Before I knew it, Jane expertly rolled me over and pinned me to the bed, "I'm always on top," she arched her brow, and sent me a cocky grin before leaning down and capturing my lips whilst her hands wrapped around my thighs and dragged me down until my centre smashed straight into her own thigh. The sensation, jerking a loud moan from me.

Her mouth bit and licked my neck as my legs wrapped around her torso and bounced off of her raised thigh. The friction that was created so delicious that I wanted more. I was so wet that I was sure that I had coated her with my dripping sex, "Fuck, I need to feel you," she groaned and ran her left hand past my breast, over my stomach and stopping just above my hip bone. Lifting her head up, she hovered over me and silently asked me for permission. I nodded and took a deep breath.

"I want you so much," I whispered, so sweetly and untangled my legs so that she could remove the final barrier between us. "Beautiful," she murmured and returned to my lips for a searing kiss. My hands palmed her breasts and toyed with her nipples and I loved the beautiful moans she kept releasing. Her open mouthed kisses moved to my neck as her hand snuck between our bodies and stroked at my sex teasingly.
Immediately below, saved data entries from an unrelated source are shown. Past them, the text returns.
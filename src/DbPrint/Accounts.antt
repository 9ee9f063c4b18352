-- ===== src/DbPrint/Accounts.antt =====
-- The accounts of the last applied state, which `main` of bin/print.rs prints as one JSON text, one
-- account after the other.
pub mod Text
pub mod Whole
use ever_node_tools.Prelude.{
  ℕ, String, Bool, true, false, Option, none, some, List, [], ◌∷◌, ◌++◌, if◌then◌else◌,
}
use ever_node_tools.Prelude.Int.{ℤ, pos}
use ever_node_tools.Outcome.{Outcome, expect_some, ok, err, panic, ok_or, Result, outcome}
use ever_node_tools.Outcome
use ever_node_tools.Io.{Io, pure, lift, ◌>>=◌, ◌>>◌}
use ever_node_tools.Json.{Json, str, num, obj, Fields, end, field}
use ever_node_tools.Rust.Print.{print_ℕ}
use ever_node_tools.DbPrint.Db.{Api, World, Iteration, ended, print, print_line}

-- `Option::unwrap`
abbrev pub unwrap : {A : Type 0} → Option A → Outcome A
unwrap = expect_some "called `Option::unwrap()` on a `None` value"

-- `unwrap_or_default`
abbrev or_zero : Option ℕ → ℕ
or_zero none = 0
or_zero (some n) = n

-- other currencies, by their number
unfoldable pub other_fields : List (ℕ × String) → Fields
other_fields [] = end
other_fields ((k, value) ∷ other) = field (print_ℕ k) (str value) (other_fields other)

module _ (api : Api) where
  -- the last field, which is there only if there are other currencies
  unfoldable pub other_field : api.Balance → Outcome Fields
  unfolding other_fields
  other_field balance =
      let read =
        Outcome.◌>>=◌ (outcome (api.other balance))
          λ other. ok (field "balance_other" (obj (other_fields other)) end) in
      if api.no_other balance then ok end else read

  -- `acc`, with the last field if it is there
  unfoldable pub acc : api.Account → String → api.Balance → ℕ → Fields → Json
  acc account addr balance last_paid other = obj (
      field "id" (str addr) (
        field "last_paid" (num (pos last_paid)) (
          field "last_trans_lt" (num (pos (or_zero (api.last_tr_time account))))
            (field "balance" (num (pos (api.grams balance))) other))))

  -- what is printed of an account
  unfoldable pub account_json : api.ShardAccount → Outcome Json
  unfolding other_field acc
  account_json shard_account = Outcome.◌>>=◌ (outcome (api.read_account shard_account)) λ account.
      Outcome.◌>>=◌ (unwrap (api.address account)) λ addr.
        Outcome.◌>>=◌ (unwrap (api.balance account)) λ balance.
          Outcome.◌>>=◌ (unwrap (api.last_paid account)) λ last_paid.
            Outcome.◌>>=◌ (other_field balance)
              λ other. ok (acc account addr balance last_paid other)

  -- what the callback prints; its argument and result are `first`
  unfoldable pub visit : Bool → api.ShardAccount → Io String Bool
  unfolding account_json
  visit first shard_account = do
    acc ← lift (account_json shard_account)
    (if first then pure tt else print_line ",")
    print (api.pretty acc)
    pure false

  unfoldable pub visit_all : Bool → List api.ShardAccount → Io String Bool
  unfolding visit
  visit_all first [] = pure first
  visit_all first (shard_account ∷ other) = do
    first' ← visit first shard_account
    visit_all first' other

module _ (api : Api) (world : World api) (db : world.Db) where
  -- the accounts of a block's state
  unfoldable pub read_accounts : api.BlockId → Outcome (Iteration api.ShardAccount)
  read_accounts block_id =
      Outcome.◌>>=◌ (outcome (world.load_shard_state_dynamic db block_id))
        λ stuff. Outcome.◌>>=◌ (outcome (world.state stuff)) λ state. outcome (api.accounts state)

  unfoldable pub print_blocks : Bool → List api.BlockId → Io String Bool
  unfolding read_accounts visit_all
  print_blocks first [] = pure first
  print_blocks first (block_id ∷ other) = do
    (accounts, last) ← lift (read_accounts block_id)
    first' ← visit_all api first accounts
    lift (ended last)
    print_blocks first' other

  -- the last applied masterchain block comes after the blocks on top of its shards
  unfoldable pub print_accounts : Io String (Unit {0})
  unfolding print_blocks
  print_accounts = do
    found ← lift (outcome (world.last_applied db))
    last_mc_id ← lift (ok_or "no info about last applied mc block" found)
    print_line "{\"accounts\":["
    last_mc_state ← lift (outcome (world.load_shard_state_dynamic db last_mc_id))
    top_blocks ← lift (outcome (world.top_blocks_all last_mc_state))
    _ ← print_blocks true (top_blocks ++ last_mc_id ∷ [])
    print_line "]}"
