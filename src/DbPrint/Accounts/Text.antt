-- ===== src/DbPrint/Accounts/Text.antt =====
-- Texts with a separator between them, put together in parts.
use ever_node_tools.Prelude.{
  String, ◌<>◌, ◌≡◌, refl, sym, ◌∙◌, ap, Bool, true, false, List, [], ◌∷◌, ◌++◌,
}
use text.Mathlib.TextLemmas.{
  append-nil as str_append-nil, nil-append as nil-str_append, append_assoc as str_append_assoc,
}
use ever_node_tools.Json.{Json}
use ever_node_tools.DbPrint.Db.{Api}

-- what a history of outputs wrote
abbrev pub written : List String → String
written [] = ""
written (text ∷ earlier) = written earlier <> text

module _ (api : Api) where
  -- The texts with a comma and a line end between them.
  unfoldable pub separated : List Json → String
  separated [] = ""
  separated (json ∷ []) = api.pretty json
  separated (json ∷ next ∷ rest) = api.pretty json <> (",\n" <> separated (next ∷ rest))

  abbrev pub after_first : List Json → String
  after_first [] = ""
  after_first (json ∷ rest) = ",\n" <> separated (json ∷ rest)

  abbrev pub body : Bool → List Json → String
  body true jsons = separated jsons
  body false jsons = after_first jsons

  abbrev pub still : Bool → List Json → Bool
  still first [] = first
  still first (json ∷ rest) = false

  pub separated_cons :
      (json : Json) (rest : List Json)
      → separated (json ∷ rest) ≡ api.pretty json <> after_first rest
  unfolding separated
  separated_cons json [] = sym (str_append-nil (api.pretty json))
  separated_cons json (next ∷ rest) = refl

  separated_append :
      (json : Json) (rest two : List Json)
      → after_first (rest ++ two) ≡ after_first rest <> after_first two
      → separated ((json ∷ rest) ++ two) ≡ separated (json ∷ rest) <> after_first two
  separated_append json rest two e =
      separated_cons json (rest ++ two)
      ∙ ap (λ t. api.pretty json <> t) e
      ∙ sym (str_append_assoc (api.pretty json) (after_first rest) (after_first two))
      ∙ ap (λ t. t <> after_first two) (sym (separated_cons json rest))

  after_first_append :
      (one two : List Json) → after_first (one ++ two) ≡ after_first one <> after_first two
  after_first_append [] two = sym (nil-str_append (after_first two))
  after_first_append (json ∷ rest) two =
      ap (λ t. ",\n" <> t) (separated_append json rest two (after_first_append rest two))
      ∙ sym (str_append_assoc ",\n" (separated (json ∷ rest)) (after_first two))

  pub body_append :
      (first : Bool) (one two : List Json)
      → body first (one ++ two) ≡ body first one <> body (still first one) two
  unfolding separated
  body_append false [] two = after_first_append [] two
  body_append false (json ∷ rest) two = after_first_append (json ∷ rest) two
  body_append true [] two = sym (nil-str_append (separated two))
  body_append true (json ∷ rest) two = separated_append json rest two (after_first_append rest two)

  pub still_append :
      (first : Bool) (one two : List Json) → still (still first one) two ≡ still first (one ++ two)
  still_append first [] two = refl
  still_append first (json ∷ rest) [] = refl
  still_append first (json ∷ rest) (next ∷ two) = refl
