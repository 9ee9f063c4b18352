-- ===== src/DbPrint/Accounts/Whole.antt =====
-- The text that print_accounts of bin/print.rs writes, as a whole.
use ever_node_tools.Prelude.{
  String, ◌<>◌, ◌≡◌, refl, sym, ◌∙◌, ap, Bool, true, false, Option, some, inr, List, [], ◌∷◌, ◌++◌,
}
use mathlib.Core.Path.{subst}
use text.Mathlib.TextLemmas.{append-nil as str_append-nil, append_assoc as str_append_assoc}
use ever_node_tools.Outcome.{Outcome, ok, ok_or, outcome, >>=-eq-ok, outcome-eq-ok, ok_or-eq-ok}
use ever_node_tools.Outcome
use ever_node_tools.Io.{pure, ◌>>=◌}
use ever_node_tools.Json.{Json}
use ever_node_tools.DbPrint.Db.{Api, World, ended}
use ever_node_tools.DbPrint.Accounts.{
  account_json, visit, visit_all, read_accounts, print_blocks, print_accounts,
}
use ever_node_tools.DbPrint.Accounts.Text.{
  written, separated, body, still, body_append, still_append,
}

module _ (api : Api) where
  -- Every account on its own, in order.
  unfoldable pub all_json : List api.ShardAccount → Outcome (List Json)
  all_json [] = ok []
  all_json (shard_account ∷ other) =
      Outcome.◌>>=◌ (account_json api shard_account)
        λ json. Outcome.◌>>=◌ (all_json other) λ rest. ok (json ∷ rest)

  -- The call returns, and adds what `body` says of these accounts.
  abbrev Prints :
      Bool → List Json → (List String → Outcome Bool × List String) → List String → Type 0
  Prints first jsons call h =
      (g : List String) × (call h ≡ (ok (still api first jsons), g))
      × (written g ≡ written h <> body api first jsons)

  Prints-nothing : (first : Bool) (h : List String) → Prints first [] (pure first) h
  unfolding separated
  Prints-nothing true h = (h, refl, sym (str_append-nil (written h)))
  Prints-nothing false h = (h, refl, sym (str_append-nil (written h)))

  Prints->>= :
      (first : Bool) (one two : List Json) (call : List String → Outcome Bool × List String)
      (next : Bool → List String → Outcome Bool × List String) (h : List String)
      → Prints first one call h
      → ((g : List String) → Prints (still api first one) two (next (still api first one)) g)
      → Prints first (one ++ two) (call >>= next) h
  Prints->>= first one two call next h (g, ran, wrote) rest =
      let (g', ran', wrote') = rest g in
      (
        g',
        rw (ran, ran') (ap (λ b. (ok b, g')) (still_append api first one two)),
        wrote'
            ∙ ap (λ t. t <> body api (still api first one) two) wrote
            ∙ str_append_assoc (written h) _ _
            ∙ ap (λ t. written h <> t) (sym (body_append api first one two)),
      )

  visit-Prints :
      (first : Bool) (shard_account : api.ShardAccount) (h : List String) (json : Json)
      → account_json api shard_account ≡ ok json
      → Prints first (json ∷ []) (visit api first shard_account) h
  unfolding visit separated
  visit-Prints true shard_account h json e = (api.pretty json ∷ h, rw e refl, refl)
  visit-Prints false shard_account h json e =
      (api.pretty json ∷ ",\n" ∷ h, rw e refl, str_append_assoc (written h) ",\n" (api.pretty json))

  visit_all-Prints :
      (shard_accounts : List api.ShardAccount) (first : Bool) (h : List String) (jsons : List Json)
      → all_json shard_accounts ≡ ok jsons
      → Prints first jsons (visit_all api first shard_accounts) h
  unfolding all_json visit_all
  visit_all-Prints [] first h jsons e =
      let same : [] ≡ jsons = cc in
      subst (λ js. Prints first js (pure first) h) same (Prints-nothing first h)
  visit_all-Prints (shard_account ∷ other) first h jsons e =
      let (json, read, more) = >>=-eq-ok (account_json api shard_account) _ e in
      let (rest, read', done) = >>=-eq-ok (all_json other) _ more in
      let same : json ∷ rest ≡ jsons = cc in
      subst (λ js. Prints first js (visit_all api first (shard_account ∷ other)) h) same
        (Prints->>= first (json ∷ []) rest (visit api first shard_account) _ h
          (visit-Prints first shard_account h json read)
          (λ g. visit_all-Prints other false g rest read'))

module _ (api : Api) (world : World api) (db : world.Db) where
  -- The accounts of the blocks' states, block after block.
  unfoldable pub gather : List api.BlockId → Outcome (List Json)
  unfolding all_json
  gather [] = ok []
  gather (block_id ∷ other) =
      Outcome.◌>>=◌ (read_accounts api world db block_id) λ (accounts, last).
        Outcome.◌>>=◌ (all_json api accounts) λ one.
          Outcome.◌>>=◌ (ended last) λ done. Outcome.◌>>=◌ (gather other) λ two. ok (one ++ two)

  block-Prints :
      (block_id : api.BlockId) (other : List api.BlockId) (first : Bool) (h : List String)
      (accounts : List api.ShardAccount) (last : Option String) (one two : List Json)
      → read_accounts api world db block_id ≡ ok (accounts, last)
      → all_json api accounts ≡ ok one
      → ended last ≡ ok tt
      → ((g : List String)
          → Prints api
              (still api first one)
              two
              (print_blocks api world db (still api first one) other)
              g)
      → Prints api first (one ++ two) (print_blocks api world db first (block_id ∷ other)) h
  unfolding print_blocks
  block-Prints block_id other first h accounts last one two read read1 at_end rest =
      rw (read, at_end)
        (Prints->>= api first one two (visit_all api first accounts)
          (λ first'. print_blocks api world db first' other) h
          (visit_all-Prints api accounts first h one read1) rest)

  print_blocks-Prints :
      (blocks : List api.BlockId) (first : Bool) (h : List String) (jsons : List Json)
      → gather blocks ≡ ok jsons
      → Prints api first jsons (print_blocks api world db first blocks) h
  unfolding gather print_blocks
  print_blocks-Prints [] first h jsons e =
      let same : [] ≡ jsons = cc in
      subst (λ js. Prints api first js (pure first) h) same (Prints-nothing api first h)
  print_blocks-Prints (block_id ∷ other) first h jsons e =
      let ((accounts, last), read, e1) = >>=-eq-ok (read_accounts api world db block_id) _ e in
      let (one, read1, e2) = >>=-eq-ok (all_json api accounts) _ e1 in
      let (done, at_end, e3) = >>=-eq-ok (ended last) _ e2 in
      let (two, read2, e4) = >>=-eq-ok (gather other) _ e3 in
      let same : one ++ two ≡ jsons = cc in
      subst (λ js. Prints api first js (print_blocks api world db first (block_id ∷ other)) h) same
        (block-Prints block_id other first h accounts last one two read read1 at_end
          (λ g. print_blocks-Prints other (still api first one) g two read2))

  -- What the document is about: all accounts of the last applied state.
  unfoldable pub document : Outcome (List Json)
  unfolding gather
  document = Outcome.◌>>=◌ (outcome (world.last_applied db)) λ found.
      Outcome.◌>>=◌ (ok_or "no info about last applied mc block" found) λ last_mc_id.
        Outcome.◌>>=◌ (outcome (world.load_shard_state_dynamic db last_mc_id)) λ stuff.
          Outcome.◌>>=◌ (outcome (world.top_blocks_all stuff))
            λ top_blocks. gather (top_blocks ++ last_mc_id ∷ [])

  enclosed : (a b c d : String) → ((a <> b) <> c) <> d ≡ a <> (b <> (c <> d))
  enclosed a b c d = str_append_assoc (a <> b) c d ∙ str_append_assoc a b (c <> d)

  print_step :
      (h : List String) (last_mc_id : api.BlockId) (stuff : world.StateStuff)
      (top_blocks : List api.BlockId) (jsons : List Json)
      → world.last_applied db ≡ inr (some last_mc_id)
      → world.load_shard_state_dynamic db last_mc_id ≡ inr stuff
      → world.top_blocks_all stuff ≡ inr top_blocks
      → gather (top_blocks ++ last_mc_id ∷ []) ≡ ok jsons
      → (g : List String) × (print_accounts api world db h ≡ (ok tt, g))
        × (written g ≡ written h <> ("{\"accounts\":[\n" <> (separated api jsons <> "]}\n")))
  unfolding print_accounts
  print_step h last_mc_id stuff top_blocks jsons found loaded tops read =
      let (g, ran, wrote) =
        print_blocks-Prints (top_blocks ++ last_mc_id ∷ []) true ("{\"accounts\":[\n" ∷ h) jsons
          read in
      (
        "]}\n" ∷ g,
        rw (found, loaded, tops, ran) refl,
        ap (λ t. t <> "]}\n") wrote
            ∙ enclosed (written h) "{\"accounts\":[\n" (separated api jsons) "]}\n",
      )

  -- If the last applied state and all accounts of its blocks can be read, then print_accounts
  -- returns, and what it writes is one list in braces of all the accounts, in order, with a comma
  -- between any two and none before the first or after the last.
  pub print_accounts_lem :
      (h : List String) (jsons : List Json)
      → document ≡ ok jsons
      → (g : List String) × (print_accounts api world db h ≡ (ok tt, g))
        × (written g ≡ written h <> ("{\"accounts\":[\n" <> (separated api jsons <> "]}\n")))
  unfolding document
  print_accounts_lem h jsons e =
      let (found, e0, e1) = >>=-eq-ok (outcome (world.last_applied db)) _ e in
      let (last_mc_id, e2, e3) = >>=-eq-ok (ok_or _ found) _ e1 in
      let (stuff, e4, e5) =
        >>=-eq-ok (outcome (world.load_shard_state_dynamic db last_mc_id)) _ e3 in
      let (top_blocks, e6, e7) = >>=-eq-ok (outcome (world.top_blocks_all stuff)) _ e5 in
      print_step h last_mc_id stuff top_blocks jsons
        (outcome-eq-ok (world.last_applied db) e0 ∙ ap inr (ok_or-eq-ok _ found e2))
        (outcome-eq-ok (world.load_shard_state_dynamic db last_mc_id) e4)
        (outcome-eq-ok (world.top_blocks_all stuff) e6) e7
"Jane," I moaned when her digits slowly dipped in, "don't tease me Jane. We've waited long enough," I rasped, "I want to feel you in me,"

Finally giving in, Jane slid two long, tapered fingers into my core and my body gripped her hungrily, "you're so wet," she murmured her voice so hoarse that it fuelled my arousal even further.

"Only for you," I cried and grasp her brown curls as she moved within me. Her thrusts picked up speed set by my hips. I couldn't stop my screams as she pounded away at my core. Catching my quivering bottom between her teeth she bit down hard sending another wave of pleasure down my spine. My hands clawed into her thigh as I desperately pulled her even harder against me.

The sudden need to feel Jane around my own fingers became apparent as she thrusted within me. My fingers trailed down her body, moved past her knuckled and gently cupped her mound, the advantage of Jane's left handiness much appreciated, I grinned. Then I even out the playing field and plunged two fingers deep into Jane's dripping sex. Jane's body shuttered at the unexpected contact.

"Fuck, Maura!" she moaned, "warn a girl next time," she groaned, grinding her hips against my body effectively pushing my fingers deeper in her.

"Why? You sound like you're enjoying yourself," I laughed, teasingly. However, my teasing was short lived once Jane's thumb pressed down on my clit, enticing several loud moans from my mouth. My eyes slammed shut as her body engulfed mine, her fingers mercilessly pumped into me, momentarily stopping my own digits from moving within her as I focused on the overwhelming sensation shooting through my every cell.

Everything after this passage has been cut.